| Your goal |
Below are some entries. Copy each line that holds the string "modify".

────────────────────────────────────────

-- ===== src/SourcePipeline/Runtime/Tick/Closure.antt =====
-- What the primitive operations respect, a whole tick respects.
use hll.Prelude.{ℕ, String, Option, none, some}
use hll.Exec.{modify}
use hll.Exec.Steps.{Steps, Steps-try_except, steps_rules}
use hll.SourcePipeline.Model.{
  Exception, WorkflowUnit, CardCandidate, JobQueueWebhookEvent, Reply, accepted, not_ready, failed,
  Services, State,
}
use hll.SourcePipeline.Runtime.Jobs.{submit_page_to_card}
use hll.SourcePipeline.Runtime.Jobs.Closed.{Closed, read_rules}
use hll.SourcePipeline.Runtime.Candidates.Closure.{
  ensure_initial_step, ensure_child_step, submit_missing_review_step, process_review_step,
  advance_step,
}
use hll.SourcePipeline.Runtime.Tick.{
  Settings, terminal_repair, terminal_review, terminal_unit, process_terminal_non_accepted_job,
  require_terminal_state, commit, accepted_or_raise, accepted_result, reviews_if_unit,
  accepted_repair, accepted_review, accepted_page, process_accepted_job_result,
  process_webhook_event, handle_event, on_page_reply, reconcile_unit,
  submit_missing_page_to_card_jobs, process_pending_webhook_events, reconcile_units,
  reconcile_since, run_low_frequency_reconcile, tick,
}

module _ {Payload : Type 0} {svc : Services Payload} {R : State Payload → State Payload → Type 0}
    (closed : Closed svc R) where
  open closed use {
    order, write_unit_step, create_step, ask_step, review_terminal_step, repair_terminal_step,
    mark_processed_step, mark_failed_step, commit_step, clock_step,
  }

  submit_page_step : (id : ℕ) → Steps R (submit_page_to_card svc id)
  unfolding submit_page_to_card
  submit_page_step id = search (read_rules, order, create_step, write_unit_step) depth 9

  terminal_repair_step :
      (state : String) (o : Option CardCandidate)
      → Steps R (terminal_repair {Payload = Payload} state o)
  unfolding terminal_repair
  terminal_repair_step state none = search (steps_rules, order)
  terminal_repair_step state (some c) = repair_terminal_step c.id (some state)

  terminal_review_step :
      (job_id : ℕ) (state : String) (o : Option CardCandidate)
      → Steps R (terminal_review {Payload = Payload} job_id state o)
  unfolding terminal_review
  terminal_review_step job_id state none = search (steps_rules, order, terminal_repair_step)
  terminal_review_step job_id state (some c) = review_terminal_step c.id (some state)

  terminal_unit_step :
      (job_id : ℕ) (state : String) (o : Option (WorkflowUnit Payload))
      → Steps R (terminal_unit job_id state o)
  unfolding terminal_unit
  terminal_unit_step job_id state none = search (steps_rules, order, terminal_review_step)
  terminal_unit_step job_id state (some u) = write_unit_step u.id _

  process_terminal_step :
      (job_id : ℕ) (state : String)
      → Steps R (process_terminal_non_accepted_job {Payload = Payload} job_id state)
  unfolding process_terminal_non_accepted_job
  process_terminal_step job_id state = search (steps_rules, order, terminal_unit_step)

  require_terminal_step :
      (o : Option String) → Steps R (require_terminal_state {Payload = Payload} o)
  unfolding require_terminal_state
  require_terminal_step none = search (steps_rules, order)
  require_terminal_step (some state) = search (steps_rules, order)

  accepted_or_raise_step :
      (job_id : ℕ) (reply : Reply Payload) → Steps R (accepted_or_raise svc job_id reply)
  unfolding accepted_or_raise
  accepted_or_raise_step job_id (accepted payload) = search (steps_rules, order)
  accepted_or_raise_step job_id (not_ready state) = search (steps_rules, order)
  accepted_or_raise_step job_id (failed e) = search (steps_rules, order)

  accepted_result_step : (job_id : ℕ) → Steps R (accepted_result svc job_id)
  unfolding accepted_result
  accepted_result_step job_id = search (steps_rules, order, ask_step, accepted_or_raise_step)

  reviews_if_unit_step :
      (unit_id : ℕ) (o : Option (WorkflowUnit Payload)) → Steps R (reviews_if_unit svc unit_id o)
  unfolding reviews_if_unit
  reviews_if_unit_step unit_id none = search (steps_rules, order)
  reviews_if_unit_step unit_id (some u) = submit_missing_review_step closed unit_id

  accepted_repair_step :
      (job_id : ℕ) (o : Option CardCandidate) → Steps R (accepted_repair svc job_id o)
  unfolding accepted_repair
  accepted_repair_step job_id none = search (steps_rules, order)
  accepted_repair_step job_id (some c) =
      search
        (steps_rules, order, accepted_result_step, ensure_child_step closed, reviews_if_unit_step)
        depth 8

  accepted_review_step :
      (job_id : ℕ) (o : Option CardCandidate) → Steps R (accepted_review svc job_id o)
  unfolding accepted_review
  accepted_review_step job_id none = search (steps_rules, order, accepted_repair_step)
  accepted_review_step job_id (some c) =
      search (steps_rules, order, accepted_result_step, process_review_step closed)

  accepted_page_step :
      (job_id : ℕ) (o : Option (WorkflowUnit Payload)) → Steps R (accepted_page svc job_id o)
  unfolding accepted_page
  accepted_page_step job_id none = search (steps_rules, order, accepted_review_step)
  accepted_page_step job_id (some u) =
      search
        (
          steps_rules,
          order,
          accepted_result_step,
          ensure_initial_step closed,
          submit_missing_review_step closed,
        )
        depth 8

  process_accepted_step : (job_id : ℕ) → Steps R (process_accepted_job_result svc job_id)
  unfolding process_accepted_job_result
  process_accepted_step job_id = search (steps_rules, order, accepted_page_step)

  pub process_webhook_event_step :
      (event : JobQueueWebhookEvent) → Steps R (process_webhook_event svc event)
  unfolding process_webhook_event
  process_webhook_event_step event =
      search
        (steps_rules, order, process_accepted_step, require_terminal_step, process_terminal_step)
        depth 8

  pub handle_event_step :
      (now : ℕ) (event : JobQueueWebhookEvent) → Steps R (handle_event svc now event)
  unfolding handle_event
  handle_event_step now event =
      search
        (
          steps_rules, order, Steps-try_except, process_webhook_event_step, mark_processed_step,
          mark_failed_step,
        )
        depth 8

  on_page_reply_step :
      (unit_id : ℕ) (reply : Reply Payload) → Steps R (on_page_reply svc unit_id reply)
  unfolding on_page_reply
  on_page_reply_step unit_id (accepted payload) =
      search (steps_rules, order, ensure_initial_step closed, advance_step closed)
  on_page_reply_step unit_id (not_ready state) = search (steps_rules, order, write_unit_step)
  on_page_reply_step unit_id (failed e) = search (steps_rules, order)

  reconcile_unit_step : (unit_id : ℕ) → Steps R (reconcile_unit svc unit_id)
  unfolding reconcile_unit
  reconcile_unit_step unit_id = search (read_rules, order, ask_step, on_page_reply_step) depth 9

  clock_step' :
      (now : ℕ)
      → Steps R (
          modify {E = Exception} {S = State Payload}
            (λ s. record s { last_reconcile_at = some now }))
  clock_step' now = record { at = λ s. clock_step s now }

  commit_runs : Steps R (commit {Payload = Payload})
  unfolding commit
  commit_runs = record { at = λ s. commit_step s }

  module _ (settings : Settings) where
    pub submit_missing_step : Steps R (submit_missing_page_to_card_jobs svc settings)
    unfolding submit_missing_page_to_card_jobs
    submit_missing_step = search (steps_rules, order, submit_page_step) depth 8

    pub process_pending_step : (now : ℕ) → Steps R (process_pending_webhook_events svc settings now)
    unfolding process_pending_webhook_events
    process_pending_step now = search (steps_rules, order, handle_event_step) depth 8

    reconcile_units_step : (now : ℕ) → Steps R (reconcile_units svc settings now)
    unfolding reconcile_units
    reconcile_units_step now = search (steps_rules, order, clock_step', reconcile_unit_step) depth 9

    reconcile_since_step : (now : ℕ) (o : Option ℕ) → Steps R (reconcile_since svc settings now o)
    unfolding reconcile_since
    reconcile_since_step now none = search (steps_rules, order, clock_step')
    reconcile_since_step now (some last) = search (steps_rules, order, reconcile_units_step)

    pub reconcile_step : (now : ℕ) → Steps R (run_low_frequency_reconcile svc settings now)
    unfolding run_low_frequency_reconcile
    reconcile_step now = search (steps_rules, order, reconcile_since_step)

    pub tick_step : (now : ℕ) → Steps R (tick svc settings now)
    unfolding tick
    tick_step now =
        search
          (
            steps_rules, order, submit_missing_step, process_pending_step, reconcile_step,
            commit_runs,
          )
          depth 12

────────────────────────────────────────

| Final answer |
use hll.Exec.{modify}
          modify {E = Exception} {S = State Payload}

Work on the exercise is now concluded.